In dieser Woche erscheint im Hamburger VSA-Verlag der Sammelband »Arbeit in der Lieferkette. Miserable Arbeitsbedingungen auf See und in den Häfen«. Wir dokumentieren daraus mit freundlicher Genehmigung von Autoren und Verlag den redaktionell gekürzten Beitrag »Die nordeuropäischen Häfen. Druck auf das Poolsystem«. (jW)

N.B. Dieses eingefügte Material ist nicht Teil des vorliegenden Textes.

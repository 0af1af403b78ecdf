-- ===== src/Orchestrator/Persistence/Frame.antt =====
-- What the graph of a validated rule leaves alone.
use aicti.Base.{String, List, [], ◌∷◌, Option-cases, inl, inr}
use aicti.Db.{
  Db, Report, EvidenceSpan, DetectionSpec, GeneratedRule, OutcomeRow, ProofObligationRecord,
}
use aicti.Db.Keeps.{Keeps, keeps_rules, Keeps-bind, Keeps-raise, Keeps-gets}
use aicti.Graph.Frame.{IgnoresGraph, Keeps-upsert_node, Keeps-add_edge, Keeps-flush}
use aicti.Orchestrator.{Services, graph_failed, detection_spec_evidence_ids}
use aicti.Orchestrator.Persistence.{
  validation_rows_of, proof_rows_of, link_evidence, link_validations, link_satisfied, link_proofs,
  persist_path, persist_supported, persist_artifact_graph_path,
}

module _ (services : Services) (run_id : String) {P : Db → Type 0} (g : IgnoresGraph P) where
  Keeps-link_evidence :
      (report_node spec_node : String) (rows : List EvidenceSpan)
      → Keeps P (link_evidence services run_id report_node spec_node rows)
  unfolding link_evidence
  Keeps-link_evidence report_node spec_node [] = search keeps_rules
  Keeps-link_evidence report_node spec_node (e ∷ rows) =
      Keeps-bind _ _ (Keeps-upsert_node g services.uuid4 _ _ _ _ _) (λ node.
        Keeps-bind _ _ (Keeps-add_edge g services.uuid4 _ _ _ _) (λ edge.
          Keeps-bind _ _ (Keeps-add_edge g services.uuid4 _ _ _ _)
            (λ edge'. Keeps-link_evidence report_node spec_node rows)))

  Keeps-link_validations :
      (rule_node : String) (rows : List OutcomeRow)
      → Keeps P (link_validations services run_id rule_node rows)
  unfolding link_validations
  Keeps-link_validations rule_node [] = search keeps_rules
  Keeps-link_validations rule_node (v ∷ rows) =
      Keeps-bind _ _ (Keeps-upsert_node g services.uuid4 _ _ _ _ _) (λ node.
        Keeps-bind _ _ (Keeps-add_edge g services.uuid4 _ _ _ _) (λ edge.
          Keeps-bind _ _ (Keeps-link_validations rule_node rows) (λ nodes. search keeps_rules)))

  Keeps-link_satisfied :
      (proof_node : String) (nodes : List String)
      → Keeps P (link_satisfied services run_id proof_node nodes)
  unfolding link_satisfied
  Keeps-link_satisfied proof_node [] = search keeps_rules
  Keeps-link_satisfied proof_node (n ∷ nodes) =
      Keeps-bind _ _ (Keeps-add_edge g services.uuid4 _ _ _ _)
        (λ edge. Keeps-link_satisfied proof_node nodes)

  Keeps-link_proofs :
      (nodes : List String) (rows : List ProofObligationRecord)
      → Keeps P (link_proofs services run_id nodes rows)
  unfolding link_proofs
  Keeps-link_proofs nodes [] = search keeps_rules
  Keeps-link_proofs nodes (p ∷ rows) =
      Keeps-bind _ _ (Keeps-upsert_node g services.uuid4 _ _ _ _ _) (λ node.
        Keeps-bind _ _ (Keeps-link_satisfied node nodes) (λ done. Keeps-link_proofs nodes rows))

  Keeps-persist_path :
      (report : Report) (rows : List EvidenceSpan) (spec : DetectionSpec) (rule : GeneratedRule)
      → Keeps P (persist_path services run_id report rows spec rule)
  unfolding persist_path
  Keeps-persist_path report rows spec rule =
      Keeps-bind _ _ (Keeps-upsert_node g services.uuid4 _ _ _ _ _) (λ report_node.
        Keeps-bind _ _ (Keeps-upsert_node g services.uuid4 _ _ _ _ _) (λ spec_node.
          Keeps-bind _ _ (Keeps-upsert_node g services.uuid4 _ _ _ _ _) (λ rule_node.
            Keeps-bind _ _ (Keeps-link_evidence report_node spec_node rows) (λ linked.
              Keeps-bind _ _ (Keeps-add_edge g services.uuid4 _ _ _ _) (λ edge.
                Keeps-bind _ _ (Keeps-gets (validation_rows_of services run_id rule.id)) (λ vs.
                  Keeps-bind _ _ (Keeps-link_validations rule_node vs) (λ nodes.
                    Keeps-bind _ _ (Keeps-gets (proof_rows_of services run_id rule.id)) (λ ps.
                      Keeps-bind _ _ (Keeps-link_proofs nodes ps)
                        (λ satisfied. Keeps-flush g)))))))))

  Keeps-persist_supported :
      (report : Report) (spec : DetectionSpec) (rule : GeneratedRule) (rows : List EvidenceSpan)
      → Keeps P (persist_supported services run_id report spec rule rows)
  unfolding persist_supported
  Keeps-persist_supported report spec rule [] = search keeps_rules
  Keeps-persist_supported report spec rule (e ∷ rows) =
      Keeps-persist_path report (e ∷ rows) spec rule

  pub Keeps-persist_artifact_graph_path :
      (report : Report) (rows : List EvidenceSpan) (spec : DetectionSpec) (rule : GeneratedRule)
      → Keeps P (persist_artifact_graph_path services run_id report rows spec rule)
  unfolding persist_artifact_graph_path
  Keeps-persist_artifact_graph_path report rows spec rule =
      elim (Option-cases (detection_spec_evidence_ids services.json_loads spec)) [
        | inl e ↦ rw (e, persist_artifact_graph_path) (Keeps-raise graph_failed)
        | inr (ids, e) ↦
            rw (e, persist_artifact_graph_path) (Keeps-persist_supported report spec rule _)
      ]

Aufgrund der unregelmäßigen Ankunft von Schiffen und den daraus resultierenden Schwankungen in der Nachfrage nach Hafenarbeitern war Gelegenheitsarbeit in Häfen lange Zeit die Norm. Schon vor dem fordistischen Kompromiss in einigen Ländern, der sich jedoch in der Nachkriegszeit ausweitete, wurden besondere Vereinbarungen zwischen Hafenbetreibern, lokalen Regierungen und organisierten Hafenarbeitern getroffen, um die Notwendigkeit einer garantierten Verfügbarkeit von Arbeitskräften mit der Sorge um den Lebensunterhalt der Arbeiter in Einklang zu bringen. Zu diesen Vereinbarungen gehörte die Bildung monopolistischer Pools oder Kartelle gewerkschaftlich organisierter und/oder registrierter Hafenarbeiter, die den Unternehmen einen stetigen Nachschub an erfahrenem Personal und eine elementare Form der Arbeitsplatzsicherheit für registrierte, aber immer noch marginalisierte Arbeiter garantierten. Um eine gerechte Verteilung der Arbeitskräfte zu gewährleisten, wurden die täglichen Einstellungen von Unternehmen, Gewerkschaften oder gemeinschaftlich betriebenen Einstellungshallen organisiert. Die Organisation der Arbeitskräftepools war von Land zu Land und manchmal von Hafen zu Hafen unterschiedlich.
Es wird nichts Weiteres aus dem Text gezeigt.